◆ **What needs to be done**
When the line containing "pts_adjustment = 0;" appears in the entries below, begin printing there and stop after the line containing "Reads-then _ (Reads-u16 12 n"; print each of those lines exactly and no other line.

* * * * * * * * *

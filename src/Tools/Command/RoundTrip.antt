-- ===== src/Tools/Command/RoundTrip.antt =====
-- Decoding the sections that the builders of src/scte35.rs emit.
use rust_pois.Prelude.{
  ℕ, ◌+◌, ◌*◌, ◌%◌, ◌^◌, ◌≤◌, ◌<◌, ◌≡◌, refl, sym, ap, ap₂, subst, ◌∙◌, Bool, true, false, ◌||◌,
  Option, none, some, List, [], ◌∷◌, ◌++◌, arith, length, unwrap_or, ok, append-nil, append_assoc,
}
use rust_pois.Bits.{Bytes, unpack}
use rust_pois.Bits.Stream.{unpack-append}
use rust_pois.Scte35.Crc.{compute_crc32, to_be_bytes}
use rust_pois.Scte35.Fields.{Field, ◌is◌, bits_of, width, bits_of-append}
use rust_pois.Scte35.Build.{
  is_some, build_time_signal_section, build_splice_insert_out_section,
  build_splice_insert_in_section, build_splice_insert_in_with_pts_section,
}
use rust_pois.Scte35.Build.Descriptor.{width-body_fields}
use rust_pois.Scte35.Build.Finalize.{Section, prefix}
use rust_pois.Scte35.Build.Shape.{section_fields, common}
use rust_pois.Scte35.Build.Sections.{
  time_signal_loop_bytes, time_signal_loop-width, time_signal-Emits, splice_insert_out-Emits,
  splice_insert_in-Emits, splice_insert_in_pts-Emits,
}
use rust_pois.Scte35.WellFormed.{length-Section}
use rust_pois.Scte35.WellFormed.Builders.{
  AsciiValue, value_length, Returns, chosen_upid-Encoded, descriptor_length-le,
}
use rust_pois.Tools.Reader.{new, advance, P}
use rust_pois.Tools.Command.{Header, CommandInfo, parse_command_info, read_header, pure, ◌>>=◌}
use rust_pois.Tools.Command.Reads.{
  Reads, Reads-pure, Reads-seq, Reads-then, Reads-u8, Reads-u16, Reads-u64, Reads-flag,
}
use rust_pois.Tools.Command.Builders.{
  out_command, in_command, out-Reads, in-Reads, in_pts-Reads, time_signal-Reads,
}

abbrev pub header_of : ℕ → CommandInfo → Header
header_of t info = record {
  protocol_version = 0;
  encrypted_packet = false;
  pts_adjustment = 0;
  command_type = t;
  command_info = info;
}

-- The header that the builders write, with a command behind it.
header-Reads :
    (len n command_type : ℕ) (body : List Field) (info : CommandInfo)
    → Reads (parse_command_info (command_type % 2 ^ 8 % 2 ^ 8)) body info
    → Reads read_header
        (prefix len ++ (common ++ 12 is n ∷ 8 is command_type ∷ body))
        (header_of (command_type % 2 ^ 8 % 2 ^ 8) info)
unfolding read_header
header-Reads len n t body info h = Reads-then _ (Reads-u8 8 0xFC (omega arith)) (
    Reads-then _ (Reads-u8 1 0 (omega arith)) (
      Reads-then _ (Reads-u8 1 0 (omega arith)) (
        Reads-then _ (Reads-u8 2 3 (omega arith)) (
          Reads-then _ (Reads-u16 12 len (omega arith)) (
            Reads-then _ (Reads-u8 8 0 (omega arith)) (
              Reads-then _ (Reads-flag 0) (
                Reads-then _ (Reads-u8 6 0 (omega arith)) (
                  Reads-then _ (Reads-u64 33 0 (omega arith)) (
                    Reads-then _ (Reads-u8 8 0 (omega arith)) (
                      Reads-then _ (Reads-u16 12 0x0FFF (omega arith)) (
                        Reads-then _ (Reads-u16 12 n (omega arith))
                          (Reads-then _ (Reads-u8 8 t (omega arith)) (end_of _ body h)))))))))))))
  where
    end_of :
        {A B : Type 0} {m : P A} {a : A} (f : A → B) (fs : List Field)
        → Reads m fs a
        → Reads (m >>= λ x. pure (f x)) fs (f a)
    end_of {m = m} {a = a} f fs h =
        subst (λ (gs : List Field). Reads (m >>= λ x. pure (f x)) gs (f a)) (append-nil fs)
          (Reads-seq _ fs h (Reads-pure _))

-- Decoding the header and the command of `bytes` gives these, and stops at the descriptor loop.
abbrev pub Decodes : ℕ → CommandInfo → ℕ → Bytes → Type 0
Decodes t info n bytes =
    read_header (new bytes) ≡ (ok (header_of t info), advance (112 + 8 * n) (new bytes))

Section-Decodes :
    (n t k : ℕ) (body descriptors : List Field) (info : CommandInfo) {bytes : Bytes}
    → width body ≡ 8 * n
    → 8 * length bytes < 2 ^ 64
    → t % 2 ^ 8 % 2 ^ 8 ≡ t
    → Reads (parse_command_info t) body info
    → Section (section_fields n t body k descriptors) bytes
    → Decodes t info n bytes
Section-Decodes n t k body descriptors info {bytes} wb room small h s =
    let before = prefix ((15 + n + k) % 2 ^ 16) ++ (common ++ 12 is n ∷ 8 is t ∷ body) in
    let crc = unpack (to_be_bytes (compute_crc32 s.content)) in
    let bits : unpack bytes ≡ bits_of before ++ (bits_of descriptors ++ crc) =
      ap unpack s.closed
      ∙ unpack-append s.content (to_be_bytes (compute_crc32 s.content))
      ∙ ap (λ (l : List ℕ). l ++ crc) (s.bits ∙ bits_of-append before descriptors)
      ∙ append_assoc (bits_of before) (bits_of descriptors) crc in
    let wide : width before ≡ 112 + 8 * n = omega (arith, wb) in
    let h' = subst (λ (t' : ℕ). Reads (parse_command_info t') body info) (sym small) h in
    (header-Reads ((15 + n + k) % 2 ^ 16) n t body info h').run (new bytes)
      (bits_of descriptors ++ crc) room bits
    ∙ ap₂ (λ (t' w : ℕ). (ok (header_of t' info), advance w (new bytes))) small wide

loop_bytes-le :
    (b : Bool) (upid : Bytes) (st : ℕ) → time_signal_loop_bytes b upid st ≤ 26 + length upid
loop_bytes-le false upid st = omega arith
loop_bytes-le true upid st = omega (arith, descriptor_length-le none upid st)

-- For an ASCII UPID of up to 4000 bytes, decoding what each builder returns gives the command that the
-- builder means, the duration and the PTS cut to 33 bits, and stops at the descriptor loop.
pub builders-Decode :
    (duration_s pts : ℕ) (type_id upid_type : Option ℕ) (value : Option Bytes)
    → AsciiValue value
    → value_length value ≤ 4000
    → Returns
        (Decodes 0x06 (CommandInfo.time_signal none) 1)
        (build_time_signal_section type_id upid_type value)
      × Returns
          (Decodes 0x05 (out_command duration_s) 15)
          (build_splice_insert_out_section duration_s type_id upid_type value)
      × Returns (Decodes 0x05 (in_command true none) 10) build_splice_insert_in_section
      × Returns
          (Decodes 0x05 (in_command false (some (pts % 2 ^ 33))) 15)
          (build_splice_insert_in_with_pts_section pts)
builders-Decode d pts ti ut value ascii short =
    let e = chosen_upid-Encoded (unwrap_or ut 0x0C) value ascii in
    let b = is_some ti || is_some ut in
    let ty = unwrap_or ut 0x0C in
    let st = unwrap_or ti 0x10 in
    let (b₁, r₁, s₁) = time_signal-Emits ti ut value e.bytes e.result in
    let (b₂, r₂, s₂) = splice_insert_out-Emits d ti ut value e.bytes e.result in
    let (b₃, r₃, s₃) = splice_insert_in-Emits in
    let (b₄, r₄, s₄) = splice_insert_in_pts-Emits pts in
    let few₁ : 8 * length b₁ < 2 ^ 64 = omega (
      arith,
      length-Section _ s₁,
      time_signal_loop-width b ty e.bytes st,
      loop_bytes-le b e.bytes st,
      e.short,
    ) in
    let few₂ : 8 * length b₂ < 2 ^ 64 = omega (
      arith,
      length-Section _ s₂,
      width-body_fields (some (d * 90000)) ty e.bytes st,
      descriptor_length-le (some (d * 90000)) e.bytes st,
      e.short,
    ) in
    let few₃ : 8 * length b₃ < 2 ^ 64 = omega (arith, length-Section _ s₃) in
    let few₄ : 8 * length b₄ < 2 ^ 64 = omega (arith, length-Section _ s₄) in
    (
      (b₁, r₁, Section-Decodes 1 6 _ _ _ _ refl few₁ refl time_signal-Reads s₁),
      (b₂, r₂, Section-Decodes 15 5 _ _ _ _ refl few₂ refl (out-Reads d) s₂),
      (b₃, r₃, Section-Decodes 10 5 2 _ (16 is 0 ∷ []) _ refl few₃ refl in-Reads s₃),
      (b₄, r₄, Section-Decodes 15 5 2 _ (16 is 0 ∷ []) _ refl few₄ refl (in_pts-Reads pts) s₄),
    )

* * * * * * * * *

◆ **Completed exercise**
  pts_adjustment = 0;
  command_type = t;
  command_info = info;
}

-- The header that the builders write, with a command behind it.
header-Reads :
    (len n command_type : ℕ) (body : List Field) (info : CommandInfo)
    → Reads (parse_command_info (command_type % 2 ^ 8 % 2 ^ 8)) body info
    → Reads read_header
        (prefix len ++ (common ++ 12 is n ∷ 8 is command_type ∷ body))
        (header_of (command_type % 2 ^ 8 % 2 ^ 8) info)
unfolding read_header
header-Reads len n t body info h = Reads-then _ (Reads-u8 8 0xFC (omega arith)) (
    Reads-then _ (Reads-u8 1 0 (omega arith)) (
      Reads-then _ (Reads-u8 1 0 (omega arith)) (
        Reads-then _ (Reads-u8 2 3 (omega arith)) (
          Reads-then _ (Reads-u16 12 len (omega arith)) (
            Reads-then _ (Reads-u8 8 0 (omega arith)) (
              Reads-then _ (Reads-flag 0) (
                Reads-then _ (Reads-u8 6 0 (omega arith)) (
                  Reads-then _ (Reads-u64 33 0 (omega arith)) (
                    Reads-then _ (Reads-u8 8 0 (omega arith)) (
                      Reads-then _ (Reads-u16 12 0x0FFF (omega arith)) (
                        Reads-then _ (Reads-u16 12 n (omega arith))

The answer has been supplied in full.